Related to both of these ideas is the cultural intelligence hypothesis, which concerns the sharing of social information between individuals. A solitary animal may be able to find new ways of foraging, for example, but animals that live in a group can capitalise on the innovations of others without putting in that individual effort. “Using social information is much more efficient than trial and error,” says Burkart. The higher an animal’s general intelligence, the better it is likely to be at taking advantage of advances made by others. According to this hypothesis, greater general intelligence should therefore evolve in animals with plenty of opportunities for social learning. When Burkart and her colleagues examined the evidence for general intelligence in non-human animals, they concluded that the cultural intelligence idea is a promising explanation for general intelligence.
Some early evidence for this assertion comes from comparisons of Sumatran and Bornean orangutans. The two species are thought to have diverged around a million years ago. Although their habitats today are very similar, the Bornean apes are solitary and dispersed, whereas the Sumatran ones tend to live in denser populations, which should give more opportunities for social learning. Observations in the wild show that young Sumatran orangutans do take advantage of this: juveniles spend more time watching others than their Bornean counterparts do.

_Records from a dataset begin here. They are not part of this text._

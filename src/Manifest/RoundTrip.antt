-- ===== src/Manifest/RoundTrip.antt =====
-- `decode` undoes `encode`.
use hypha_db.Base.{
  ℕ, ◌+◌, ◌*◌, ◌≤◌, ◌≡◌, refl, true, some, List, [], ◌∷◌, ◌++◌, append_assoc, append-nil, length,
  length-append, ltb, ◌==◌, ok, arith, All, ge→ltb, >>=-elim, fail_if-elim, ok-injective, subst,
  ◌∙◌, ==_iff, ==_refl,
}
use hypha_db.Base.Bytes.{
  IsU32, IsU64, put_le, get_le-put_le, length-put_le, read_full-append, read_word-put_le,
  bytes_equal,
}
use hypha_db.Manifest.{
  SstableMetadata, Manifest, max_metadata_string_size, metadata_strings_size, payload_size_from,
  write_string, encode_table, encode_tables, encode_payload, read_string, decode_table,
  decode_tables, decode_payload, manifest_checksum, seal, encode, decode, sstable_fixed_size,
  max_manifest_payload_size, max_sstable_count, header_prefix,
}

-- The Go types of the numeric fields.
pub record IsTyped (t : SstableMetadata) : Type 0 where
  pub id_fits : IsU64 t.id
  pub level_fits : IsU32 t.level
  pub size_fits : IsU64 t.size_bytes

pub record HasShortStrings (t : SstableMetadata) : Type 0 where
  pub path_fits : length t.path ≤ max_metadata_string_size
  pub smallest_fits : length t.smallest_key ≤ max_metadata_string_size
  pub largest_fits : length t.largest_key ≤ max_metadata_string_size

read_string-write_string :
    (s rest : List ℕ)
    → length s ≤ max_metadata_string_size
    → read_string (write_string s ++ rest) ≡ ok (s, rest)
unfolding read_string write_string
read_string-write_string s rest h =
    rw
      (
        append_assoc,
        read_word-put_le 4 (length s) (s ++ rest) (omega arith),
        ge→ltb max_metadata_string_size (length s) h,
        length-append,
        ge→ltb (length s + length rest) (length s) (omega arith),
        read_full-append (length s) s rest refl,
      )
      refl

decode_table-encode_table :
    (t : SstableMetadata) (rest : List ℕ)
    → IsTyped t
    → HasShortStrings t
    → decode_table (encode_table t ++ rest) ≡ ok (t, rest)
unfolding decode_table encode_table
decode_table-encode_table t rest ty sh =
    rw
      (
        append_assoc,
        append_assoc,
        append_assoc,
        append_assoc,
        append_assoc,
        read_word-put_le 8 t.id _ ty.id_fits,
        read_word-put_le 4 t.level _ ty.level_fits,
        read_word-put_le 8 t.size_bytes _ ty.size_fits,
        read_string-write_string t.path _ sh.path_fits,
        read_string-write_string t.smallest_key _ sh.smallest_fits,
        read_string-write_string t.largest_key _ sh.largest_fits,
      )
      refl

decode_tables-encode_tables :
    (ts : List SstableMetadata) (i : ℕ) (rest : List ℕ)
    → All IsTyped ts
    → All HasShortStrings ts
    → decode_tables (length ts) i (encode_tables ts ++ rest) ≡ ok (ts, rest)
unfolding decode_tables encode_tables
decode_tables-encode_tables [] i rest ty sh = refl
decode_tables-encode_tables (t ∷ ts) i rest (ty, tys) (sh, shs) =
    rw
      (
        append_assoc,
        decode_table-encode_table t (encode_tables ts ++ rest) ty sh,
        decode_tables-encode_tables ts (i + 1) rest tys shs,
      )
      refl

length-encode_table :
    (t : SstableMetadata)
    → length (encode_table t)
      ≡ 32 + (length t.path + (length t.smallest_key + length t.largest_key))
unfolding encode_table write_string
length-encode_table t = simp (length-append, length-put_le) (omega arith)

metadata_strings_size_exact :
    (t : SstableMetadata) (n : ℕ)
    → metadata_strings_size t ≡ ok n
    → (n ≡ length t.path + (length t.smallest_key + length t.largest_key)) × HasShortStrings t
unfolding metadata_strings_size
metadata_strings_size_exact t n e = ground arith

-- A payload size that the first loop of `encode` computes is the payload's, and is in bounds.
payload_size_exact :
    (size : ℕ) (ts : List SstableMetadata) (total : ℕ)
    → payload_size_from size ts ≡ ok total
    → size ≤ max_manifest_payload_size
    → (total ≡ size + length (encode_tables ts))
      × (total ≤ max_manifest_payload_size)
      × All HasShortStrings ts
unfolding payload_size_from encode_tables
payload_size_exact size [] total e h =
    (omega (arith, ok-injective e), omega (arith, ok-injective e), tt)
payload_size_exact size (t ∷ ts) total e h = >>=-elim (metadata_strings_size t) _ e λ n sized e1.
    fail_if-elim (ltb max_manifest_payload_size (size + (sstable_fixed_size + n))) _ _ e1 λ fits e2.
      let (n_exact, short) = metadata_strings_size_exact t n sized in
      let (total_exact, bound, shorts) =
        payload_size_exact (size + (sstable_fixed_size + n)) ts total e2 (ground arith) in
      (
        omega (
          arith,
          total_exact,
          n_exact,
          length-encode_table t,
          length-append (encode_table t) (encode_tables ts),
        ),
        bound,
        (short, shorts),
      )

pub record IsStorable (m : Manifest) : Type 0 where
  pub next_sstable_fits : IsU64 m.next_sstable_id
  pub next_wal_fits : IsU64 m.next_wal_segment_id
  pub tables_fit : All IsTyped m.sstables

length-encode_tables : (ts : List SstableMetadata) → length ts * 32 ≤ length (encode_tables ts)
unfolding encode_tables
length-encode_tables [] = omega arith
length-encode_tables (t ∷ ts) = omega (
  arith,
  length-encode_tables ts,
  length-encode_table t,
  length-append (encode_table t) (encode_tables ts),
)

length-encode_payload :
    (m : Manifest) → length (encode_payload m) ≡ 20 + length (encode_tables m.sstables)
unfolding encode_payload
length-encode_payload m = simp (length-append, length-put_le) (omega arith)

decode_payload-encode_payload :
    (m : Manifest)
    → IsStorable m
    → length m.sstables ≤ max_sstable_count
    → All HasShortStrings m.sstables
    → decode_payload (encode_payload m) ≡ ok m
unfolding decode_payload encode_payload
decode_payload-encode_payload m st few short =
    let tables = encode_tables m.sstables in
    let no_rest : decode_tables (length m.sstables) 0 tables ≡ ok (m.sstables, []) =
      rw append-nil at (decode_tables-encode_tables m.sstables 0 [] st.tables_fit short) in
    rw
      (
        ge→ltb (length (encode_payload m)) 20 (omega (arith, length-encode_payload m)),
        read_word-put_le 8 m.next_sstable_id _ st.next_sstable_fits,
        read_word-put_le 8 m.next_wal_segment_id _ st.next_wal_fits,
        read_word-put_le 4 (length m.sstables) _ (omega arith),
        ge→ltb max_sstable_count (length m.sstables) few,
        ge→ltb (length tables) (length m.sstables * 32) (length-encode_tables m.sstables),
        no_rest,
      )
      refl

module _ (crc32c : List ℕ → ℕ) (crc32c_fits : (bs : List ℕ) → IsU32 (crc32c bs)) where
  -- The header that `encode` puts before a payload passes the checks of `decode`.
  decode-seal :
      (payload : List ℕ)
      → length payload ≤ max_manifest_payload_size
      → decode crc32c (seal crc32c payload) ≡ decode_payload payload
  unfolding decode seal put_le bytes_equal
  decode-seal payload h =
      let len = get_le-put_le 4 (length payload) (omega arith) in
      let sum =
        get_le-put_le 4 (manifest_checksum crc32c (header_prefix crc32c payload) payload)
          (unfold manifest_checksum in crc32c_fits _) in
      let size : (length (seal crc32c payload) == 20 + length payload) ≡ true =
        (==_iff _ _).1 (omega arith) in
      rw
        (
          ge→ltb (length (seal crc32c payload)) 20 (omega arith),
          get_le-put_le 4 1 (omega arith),
          len,
          ge→ltb max_manifest_payload_size (length payload) h,
          size,
          sum,
          ==_refl (manifest_checksum crc32c (header_prefix crc32c payload) payload),
        )
        refl

  -- A manifest that `encode` accepts is read back from the bytes that it returns.
  pub decode-encode :
      (m : Manifest) (file : List ℕ)
      → IsStorable m
      → encode crc32c (some m) ≡ ok file
      → decode crc32c file ≡ ok m
  unfolding encode
  decode-encode m file st e =
      fail_if-elim (ltb max_sstable_count (length m.sstables)) _ _ e λ few e1.
        >>=-elim (payload_size_from 20 m.sstables) _ e1 λ size sized e2.
          let (exact, bound, short) = payload_size_exact 20 m.sstables size sized (omega arith) in
          subst (λ bytes. decode crc32c bytes ≡ ok m) (ok-injective e2)
            (decode-seal (encode_payload m) (omega (arith, exact, bound, length-encode_payload m))
              ∙ decode_payload-encode_payload m st (ground arith) short)

pub length-seal :
    (crc32c : List ℕ → ℕ) (payload : List ℕ) → length (seal crc32c payload) ≡ 20 + length payload
unfolding seal put_le
length-seal crc32c payload = omega arith

-- What `encode` returns is no longer than `Read` accepts.
pub length-encode :
    (crc32c : List ℕ → ℕ) (m : Manifest) (file : List ℕ)
    → encode crc32c (some m) ≡ ok file
    → length file ≤ 20 + max_manifest_payload_size
unfolding encode
length-encode crc32c m file e =
    fail_if-elim (ltb max_sstable_count (length m.sstables)) _ _ e λ few e1.
      >>=-elim (payload_size_from 20 m.sstables) _ e1 λ size sized e2.
        let (exact, bound, short) = payload_size_exact 20 m.sstables size sized (omega arith) in
        subst (λ bytes. length bytes ≤ 20 + max_manifest_payload_size) (ok-injective e2)
          (omega
            (arith, exact, bound, length-encode_payload m, length-seal crc32c (encode_payload m)))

The result is a broader repertoire of socially learned behaviours. They use leaves as a type of glove to handle spiny fruit, for example – a behaviour not typically seen among Bornean orangutans.
According to the cultural intelligence hypothesis, the potential exchange of social information should have driven the evolution of a quicker and more flexible brain that is more adept at all kinds of problem-solving. Sure enough, Burkart’s colleagues at the University of Zurich have found that Sumatran orangutans performed better on a range of cognitive tasks, such as extracting food from a puzzling contraption, which would require higher general intelligence. Their brains are also slightly bigger than those of the Bornean orangutan, supporting the notion that higher general intelligence requires greater reserves of neural tissue.
“This may help us understand the evolutionary forces that lead to more flexible thinking”
Human evolution would, of course, exemplify the cultural intelligence hypothesis of brain evolution. From the first stone tools to today’s books, computers and smartphones, our lives have depended on our ability to exploit the advances of others. However, when we fully explore the extent of animal intelligence, we may find that many other creatures are on a similar path.